Source records:
[Start of section]

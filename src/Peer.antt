-- ===== src/Peer.antt =====
-- original/peer.c. The children follow the file: commands that go out, sending, incoming queues, the
-- life of a peer, and the throttle.
pub mod Outgoing
pub mod Throttle
pub mod Dispatch
pub mod Incoming
pub mod Reset
pub mod Disconnect
pub mod Send
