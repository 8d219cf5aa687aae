-- ===== src/Peer/Dispatch/InOrder.antt =====
-- What `enet_peer_dispatch_incoming_reliable_commands` of original/peer.c takes from a queue.
use enet_rs.Prelude.{
  ℕ, ◌+◌, ◌-◌, ◌<◌, ◌≡◌, ◌≢◌, ◌⊎◌, inl, inr, refl, ap, List, [], ◌∷◌, ◌++◌, Bool, true, false, not,
  ◌||◌, Bool-cases, ltb, ◌==◌, if◌then◌else◌, u16, arith,
}
use enet_rs.State.{IncomingCommand}
use enet_rs.Peer.Dispatch.{take_in_order}

-- The last sequence number that a command takes up: of a fragmented one, that of its last fragment.
abbrev pub last_number : IncomingCommand → ℕ
last_number i =
    if ltb 0 i.fragment_count
    then u16 (i.reliable_sequence_number + (i.fragment_count - 1))
    else i.reliable_sequence_number

-- A command is complete and carries the number after `number`.
pub record IsNext (number : ℕ) (i : IncomingCommand) : Type 0 where
  pub complete : i.fragments_remaining ≡ 0
  pub numbered : i.reliable_sequence_number ≡ u16 (number + 1)

-- Complete commands without a gap, each with the number after the last one of the command before it.
pub data IsInOrder : ℕ → List IncomingCommand → ℕ → Type 0 where
  done : (number : ℕ) → IsInOrder number [] number
  next :
      (number last : ℕ) (i : IncomingCommand) (is : List IncomingCommand)
      → IsNext number i
      → IsInOrder (last_number i) is last
      → IsInOrder number (i ∷ is) last

-- A queue that starts with no command that is next.
pub data IsBlocked (number : ℕ) : List IncomingCommand → Type 0 where
  empty : IsBlocked number []
  waits :
      (i : IncomingCommand) (is : List IncomingCommand)
      → (0 < i.fragments_remaining) ⊎ (i.reliable_sequence_number ≢ u16 (number + 1))
      → IsBlocked number (i ∷ is)

-- A queue is cut in two: the part that is delivered and the part that stays.
abbrev pub Cut : ℕ → List IncomingCommand → List IncomingCommand × List IncomingCommand × ℕ → Type 0
Cut number queue (taken, rest, last) =
    (taken ++ rest ≡ queue) × IsInOrder number taken last × IsBlocked last rest

Cut-if :
    (number : ℕ) (queue : List IncomingCommand) (t : Bool)
    (a b : List IncomingCommand × List IncomingCommand × ℕ)
    → (t ≡ true → Cut number queue a)
    → (t ≡ false → Cut number queue b)
    → Cut number queue (if t then a else b)
Cut-if number queue true a b p q = p refl
Cut-if number queue false a b p q = q refl

-- From a channel that has delivered up to `number`, exactly the longest front part of the queue is
-- taken in which all commands are complete and each carries the number after the last one of its
-- predecessor (around the wrap of 16 bits): the queue is cut there, nothing is lost or reordered,
-- the new number is the last one taken, and the command left at the front, if any, is not next.
pub take_in_order-Cut :
    (number : ℕ) (queue : List IncomingCommand) → Cut number queue (take_in_order number queue)
unfolding take_in_order
take_in_order-Cut number [] = (refl, done number, empty)
take_in_order-Cut number (i ∷ is) =
    let (kept, ordered, blocked) = take_in_order-Cut (last_number i) is in
    Cut-if number (i ∷ is)
      (ltb 0 i.fragments_remaining || not (i.reliable_sequence_number == u16 (number + 1)))
      ([], i ∷ is, number) _ (λ e. (refl, done number, waits i is (blocked_by e)))
      (λ e. (
        ap (◌∷◌ i) kept,
        next number _ i _ (record { complete = ground arith; numbered = ground arith }) ordered,
        blocked,
      ))
  where
    blocked_by :
        ltb 0 i.fragments_remaining || not (i.reliable_sequence_number == u16 (number + 1)) ≡ true
        → (0 < i.fragments_remaining) ⊎ (i.reliable_sequence_number ≢ u16 (number + 1))
    blocked_by e = elim (Bool-cases (ltb 0 i.fragments_remaining)) [
      | inl a ↦ inl (ground arith)
      | inr a ↦ inr (λ q. ground arith)
    ]
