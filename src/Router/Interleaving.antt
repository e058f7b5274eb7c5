-- ===== src/Router/Interleaving.antt =====
-- Handlers of many requests, interleaved where they wait: the slots of a key.
use llama_net.Prelude.{
  ℕ, ◌+◌, ◌-◌, ◌≤◌, ◌<◌, ◌≡◌, refl, sym, ◌∙◌, none, some, [], String, str_eq, arith, inl, inr,
  if◌then◌else◌, eq_iff, ap,
}
use llama_net.Prelude.Dict
use llama_net.Prelude.Dict.{Dict}
use llama_net.Router.State.{ModelRouter, Response}
use llama_net.Router.Budget.{acquire_key_slot, release_key_slot}
use llama_net.Router.Slots.{inflight, acquired}

-- The router, and for each key how many handlers are between taking a slot and giving it back.
pub record Gateway : Type 0 where
  pub router : ModelRouter
  pub holding : String → ℕ

abbrev shifted : (String → ℕ) → String → (ℕ → ℕ) → String → ℕ
shifted f h g k = if str_eq h k then g (f k) else f k

-- A handler takes a slot or is refused, a handler that holds one gives it back, or the router does
-- something else: a selection, or the record of a cost.
pub data SlotStep : Gateway → Gateway → Type 0 where
  take_slot :
      (g : Gateway) (h : String) (t : ModelRouter)
      → acquire_key_slot (some h) g.router ≡ (none, t)
      → SlotStep g (record { router = t; holding = shifted g.holding h (λ n. n + 1) })
  refused :
      (g : Gateway) (h : String) (r : Response) (t : ModelRouter)
      → acquire_key_slot (some h) g.router ≡ (some r, t)
      → SlotStep g (record g { router = t })
  give_back :
      (g : Gateway) (h : String)
      → 0 < g.holding h
      → SlotStep g (record {
        router = release_key_slot (some h) g.router;
        holding = shifted g.holding h (λ n. n - 1);
      })
  elsewhere :
      (g : Gateway) (t : ModelRouter)
      → t.key_inflight ≡ g.router.key_inflight
      → t.max_per_key_concurrent ≡ g.router.max_per_key_concurrent
      → SlotStep g (record g { router = t })

pub data SlotReach (g : Gateway) : Gateway → Type 0 where
  here : SlotReach g g
  next : {t u : Gateway} → SlotReach g t → SlotStep t u → SlotReach g u

pub record Accounted (limit : ℕ) (g : Gateway) : Type 0 where
  pub limit_kept : g.router.max_per_key_concurrent ≡ limit
  pub exact : (k : String) → inflight g.router k ≡ g.holding k
  pub within : (k : String) → g.holding k ≤ limit

step-Accounted : (limit : ℕ) {g u : Gateway} → SlotStep g u → Accounted limit g → Accounted limit u
unfolding release_key_slot
step-Accounted limit (take_slot g h t q) a = elim (acquired h g.router) [
  | inl (r, _) ↦ absurd (ground (arith, q, r))
  | inr (r, free) ↦
      let e : record g.router {
        key_inflight = Dict.put g.router.key_inflight h (inflight g.router h + 1);
      }
          ≡ t =
        ground (arith, q, r) in
      let at : (k : String)
          → inflight t k ≡ (if str_eq h k then inflight g.router h + 1 else inflight g.router k) =
        λ k.
          sym (ap (λ (x : ModelRouter). inflight x k) e)
          ∙ Dict.get_or-put g.router.key_inflight h k (inflight g.router h + 1) 0 in
      record {
        limit_kept = sym (ap (λ (x : ModelRouter). x.max_per_key_concurrent) e) ∙ a.limit_kept;
        exact = λ k. ground (arith, at k, a.exact h, a.exact k, eq_iff h k);
        within = λ k. ground (arith, a.exact h, a.within k, a.limit_kept, free, eq_iff h k);
      }
]
step-Accounted limit (refused g h r t q) a = elim (acquired h g.router) [
  | inl (p, _) ↦
      let e : g.router ≡ t = ground (arith, p, q) in
      record {
        limit_kept = sym (ap (λ (x : ModelRouter). x.max_per_key_concurrent) e) ∙ a.limit_kept;
        exact = λ k. sym (ap (λ (x : ModelRouter). inflight x k) e) ∙ a.exact k;
        within = a.within;
      }
  | inr (p, _) ↦ absurd (ground (arith, p, q))
]
step-Accounted limit (give_back g h pos) a = record {
  limit_kept = a.limit_kept;
  exact = λ k. ground (
    arith,
    Dict.get_or-put g.router.key_inflight h k (inflight g.router h - 1) 0,
    a.exact h,
    a.exact k,
    eq_iff h k,
  );
  within = λ k. ground (arith, a.within k);
}
step-Accounted limit (elsewhere g t q r) a = record {
  limit_kept = r ∙ a.limit_kept;
  exact = λ k. ap (λ (d : Dict ℕ). Dict.get_or d k 0) q ∙ a.exact k;
  within = a.within;
}

-- However the handlers of many requests interleave, from a router with no request in flight, the
-- count of each key is the number of handlers that hold one of its slots, and that number never
-- passes the limit for a key.
pub slots_bounded :
    {g u : Gateway}
    → g.router.key_inflight ≡ []
    → ((k : String) → g.holding k ≡ 0)
    → SlotReach g u
    → Accounted g.router.max_per_key_concurrent u
unfolding Dict.get
slots_bounded {g} empty idle here = record {
  limit_kept = refl;
  exact = λ k. ap (λ (d : Dict ℕ). Dict.get_or d k 0) empty ∙ sym (idle k);
  within = λ k. omega (arith, idle k);
}
slots_bounded {g} empty idle (next r st) =
    step-Accounted g.router.max_per_key_concurrent st (slots_bounded empty idle r)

[End of section]

BRIEF:
In the data above, find the line with "limit_kept = a.limit_kept;" and the line with "g.holding k ≡ 0)". Retype both, plus every line between them, exactly.

RESULT:
  limit_kept = a.limit_kept;
  exact = λ k. ground (
    arith,
    Dict.get_or-put g.router.key_inflight h k (inflight g.router h - 1) 0,
    a.exact h,
    a.exact k,
    eq_iff h k,
  );
  within = λ k. ground (arith, a.within k);
}
step-Accounted limit (elsewhere g t q r) a = record {
  limit_kept = r ∙ a.limit_kept;
  exact = λ k. ap (λ (d : Dict ℕ). Dict.get_or d k 0) q ∙ a.exact k;
  within = a.within;
}

-- However the handlers of many requests interleave, from a router with no request in flight, the
-- count of each key is the number of handlers that hold one of its slots, and that number never
-- passes the limit for a key.
pub slots_bounded :
    {g u : Gateway}
    → g.router.key_inflight ≡ []
    → ((k : String) → g.holding k ≡ 0)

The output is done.